# [PROMPT]
The word "stop" may appear in some lines of the data; copy every such line.

# [INPUT DATA]
= Beginning of Section =
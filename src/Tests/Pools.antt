-- ===== src/Tests/Pools.antt =====
-- storage/db_registry.go, plugin/backend.go and odbc/odbc.go on a database that counts the statements
-- that it executes, and on one whose statements time out as often as its state says.
use openbao_teradata_secret.Common.{
  ℕ, zero, suc, ◌+◌, ◌≡◌, ◌≢◌, ◌↔◌, ◌<◌, List, All, ◌⊎◌, refl, true, [], ◌∷◌, Option, none, some,
  arith, all, if◌then◌else◌,
}
use openbao_teradata_secret.Common.Bytes.{
  Bytes, codes, contains_byte, trim_space, bytes_eq, contains, ends_with,
}
use openbao_teradata_secret.Common.Int.{pos}
use openbao_teradata_secret.Common.Map.{lookup}
use openbao_teradata_secret.Database.{Driver}
use openbao_teradata_secret.Health.{is_pool_healthy, can_operate, unavailable}
use openbao_teradata_secret.Health.Operate.{can_operate_lem}
use openbao_teradata_secret.Odbc.Client.{
  Connection, open_database, execute, query_budget, has_indicator, connect_with_retry, send_all,
  execute_multiple_statements,
}
use openbao_teradata_secret.Odbc.Client.Sending.{
  fresh, IsMade, execute-recovers, connect_with_retry-ok,
}
use openbao_teradata_secret.Odbc.Client.Scripts.{execute_multiple_statements-ok}
use openbao_teradata_secret.Odbc.Statements.Script.{IsStatement, script, Sends}
use openbao_teradata_secret.Odbc.KeepAlive.{
  KeepAlive, Step, start, after, selecting, at_lock, tick, stop, stop_locked,
}
use openbao_teradata_secret.Odbc.KeepAlive.Stuck.{finished, deadlock, stuck_iff}
use openbao_teradata_secret.Odbc.Statements.{execute_multiple_once, parse_sql_statements, to_send}
use openbao_teradata_secret.Outcome.{ok, err, panic}
use openbao_teradata_secret.Registry
use openbao_teradata_secret.Registry.{DbConfig, with_defaults, Registry}
use openbao_teradata_secret.Registry.Jobs.{Jobs, Reach, at_pools, new_jobs, start_health_checks}
use openbao_teradata_secret.Registry.Shutdown.{shutdown_gets_on_iff}
use openbao_teradata_secret.Registry.Pools
use openbao_teradata_secret.Registry.Pools.{
  add_connection, update_connection, list_connections, add_opened, new_connection,
}
use openbao_teradata_secret.Registry.Pools.Added.{lookup-update_connection}
use openbao_teradata_secret.Registry.Runs
use openbao_teradata_secret.Registry.Runs.{update, run_op}
use openbao_teradata_secret.Registry.Runs.Invariant.{Reach-IsValid, IsValid}
use openbao_teradata_secret.Retry.{Error, plain, error_text, Context, attempts, settle}
use openbao_teradata_secret.Retry.Loop.{IsQuiet, once, again}

-- The state is the number of statements executed.
abbrev pub counting : Driver
counting = record {
  Db = ℕ;
  State = ℕ;
  open_db = λ s w. (w, ok 7);
  ping = λ db w. (w, none);
  conn = λ db w. (w, none);
  exec = λ db s w. (w + 1, none);
  Rows = ℕ;
  query = λ db s w. (w, ok 0);
  Row = ℕ;
  query_row = λ db s w. (w, 0);
  row_err = λ r. none;
  close = λ db w. w;
  close_err = λ db w. none;
  stats = λ db w. record { open_connections = 1; in_use = 0; idle = 1 };
  set_limits = λ db a b c w. w;
}

-- The state is the number of timeouts to come.
abbrev timing_out_exec : ℕ → ℕ × Option Error
timing_out_exec zero = (zero, none)
timing_out_exec (suc n) = (n, some (plain (codes "timeout")))

abbrev timing_out : Driver
timing_out = record {
  Db = ℕ;
  State = ℕ;
  open_db = λ s w. (w, ok 7);
  ping = λ db w. (w, none);
  conn = λ db w. (w, none);
  exec = λ db s w. timing_out_exec w;
  Rows = ℕ;
  query = λ db s w. (w, ok 0);
  Row = ℕ;
  query_row = λ db s w. (w, 0);
  row_err = λ r. none;
  close = λ db w. w;
  close_err = λ db w. none;
  stats = λ db w. record { open_connections = 1; in_use = 0; idle = 1 };
  set_limits = λ db a b c w. w;
}

abbrev pub quiet : Context
quiet = record { done = λ i. none; slept = λ i. none }

quiet-IsQuiet : IsQuiet quiet
quiet-IsQuiet = record { not_done = λ i. refl; not_cut = λ i. refl }

abbrev pool_config : DbConfig
pool_config = record {
  name = codes "a";
  connection_string = codes "DSN=a";
  min_connections = pos 3;
  max_open_connections = pos 2;
  max_idle_connections = pos 1;
  connection_timeout = pos 0;
  max_connection_lifetime = pos 0;
  idle_timeout = pos 0;
  health_check_interval = pos 0;
  health_check_timeout = pos 0;
  eviction_policy = [];
  eviction_batch_size = pos 0;
  eviction_grace_period = pos 0;
  min_evictable_idle_time = pos 0;
  max_retries = pos 0;
  initial_retry_interval = pos 0;
  max_retry_interval = pos 0;
}

abbrev pub no_pools : Registry counting
no_pools = record { connections = []; world = 0 }

abbrev pool_name : Bytes
pool_name = codes "a"

abbrev one_pool : Registry counting
one_pool = (update_connection counting no_pools pool_name pool_config 1 2).0

lookup-update_connection_example :
    ((c : Registry.Connection counting) × ((update_connection counting no_pools pool_name
          pool_config 1 2).1
        ≡ ok c)
      × (c.config ≡ with_defaults pool_config)
      × (lookup pool_name
            (update_connection counting no_pools pool_name pool_config 1 2).0.connections
          ≡ (if bytes_eq pool_name pool_name
              then some c
              else lookup pool_name no_pools.connections)))
    ⊎ ((((e : Error) × ((update_connection counting no_pools pool_name pool_config 1 2).1 ≡ err e))
          ⊎ ((update_connection counting no_pools pool_name pool_config 1 2).1 ≡ panic))
        × (lookup pool_name
              (update_connection counting no_pools pool_name pool_config 1 2).0.connections
            ≡ (if bytes_eq pool_name pool_name
                then none
                else lookup pool_name no_pools.connections)))
lookup-update_connection_example =
    lookup-update_connection counting no_pools pool_name pool_config 1 2 pool_name

Reach-IsValid_example :
    IsValid counting
      (record (run_op counting (update pool_name pool_config 1 2) (Pools.new counting 0)) {
        world = 5;
      }).connections
Reach-IsValid_example =
    Reach-IsValid counting _ (Runs.after (update pool_name pool_config 1 2) 5 (Runs.start 0))

abbrev health_started : Jobs
health_started = start_health_checks new_jobs

shutdown_gets_on_iff_example : ((t : Jobs) × Reach health_started t × (t.phase ≡ at_pools)) ↔ (
    (0 < health_started.health.running)
    × ((0 < health_started.cleanup.running) × (0 < health_started.min_conns.running)))
unfolding start_health_checks
shutdown_gets_on_iff_example =
    shutdown_gets_on_iff health_started
      (record { begins = refl; health_open = refl; cleanup_open = refl; min_conns_open = refl })

can_operate_lem_example :
    (can_operate counting none pool_name ≡ some unavailable)
    × ((r : Registry counting)
        → (can_operate counting (some r) pool_name ≡ none) ↔ (
            (all (is_pool_healthy counting (some r)) (list_connections counting r) ≡ true)
            ⊎ ((pool_name ≢ []) × (is_pool_healthy counting (some r) pool_name ≡ true))))
can_operate_lem_example = can_operate_lem counting pool_name

stuck_iff_example :
    ((t : KeepAlive) → ¬ (Step deadlock t)) ↔ ((deadlock ≡ finished) ⊎ (deadlock ≡ deadlock))
stuck_iff_example =
    stuck_iff deadlock
      (after (after (after start (stop selecting)) (tick at_lock)) (stop_locked at_lock refl))

abbrev made : Connection timing_out
made = fresh timing_out (codes "DSN=a") 7

execute-recovers_example :
    execute timing_out quiet made (codes "DROP USER u") 2
    ≡ record { state = 0; calls = 2 + 1; outcome = ok tt }
unfolding open_database query_budget has_indicator contains error_text
execute-recovers_example =
    execute-recovers timing_out quiet made 7 (codes "DROP USER u") (plain (codes "timeout")) 2 2 0 0
      refl quiet-IsQuiet (again (plain (codes "timeout")) refl refl (once refl refl)) refl
      (omega arith)

connect_with_retry-ok_example :
    IsMade counting
      (codes "DSN=a")
      (connect_with_retry counting (codes "DSN=a") none 0).0
      (fresh counting (codes "DSN=a") 7)
unfolding connect_with_retry attempts settle
connect_with_retry-ok_example =
    connect_with_retry-ok counting (codes "DSN=a") none 0 (fresh counting (codes "DSN=a") 7) refl

abbrev drop_users : List Bytes
drop_users = codes "DROP USER u" ∷ codes "DROP USER v" ∷ []

drop_users-IsStatement : All IsStatement drop_users
unfolding contains_byte ends_with
drop_users-IsStatement = (
  record { starts_dense = refl; ends_dense = refl; one_line = refl; unfinished = refl },
  (record { starts_dense = refl; ends_dense = refl; one_line = refl; unfinished = refl }, tt),
)

execute_multiple_statements-ok_example :
    (s : ℕ) × Sends counting 7 drop_users s
      (execute_multiple_statements counting quiet
        (fresh counting (codes "DSN=a") 7)
        (script drop_users)
        0).state
unfolding execute_multiple_statements send_all attempts settle query_budget execute_multiple_once
    trim_space parse_sql_statements ends_with to_send
execute_multiple_statements-ok_example =
    execute_multiple_statements-ok counting quiet (fresh counting (codes "DSN=a") 7) 7 drop_users 0
      refl (omega arith) drop_users-IsStatement refl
= End of Section =
# [RESPONSE BOX]
  KeepAlive, Step, start, after, selecting, at_lock, tick, stop, stop_locked,
      (after (after (after start (stop selecting)) (tick at_lock)) (stop_locked at_lock refl))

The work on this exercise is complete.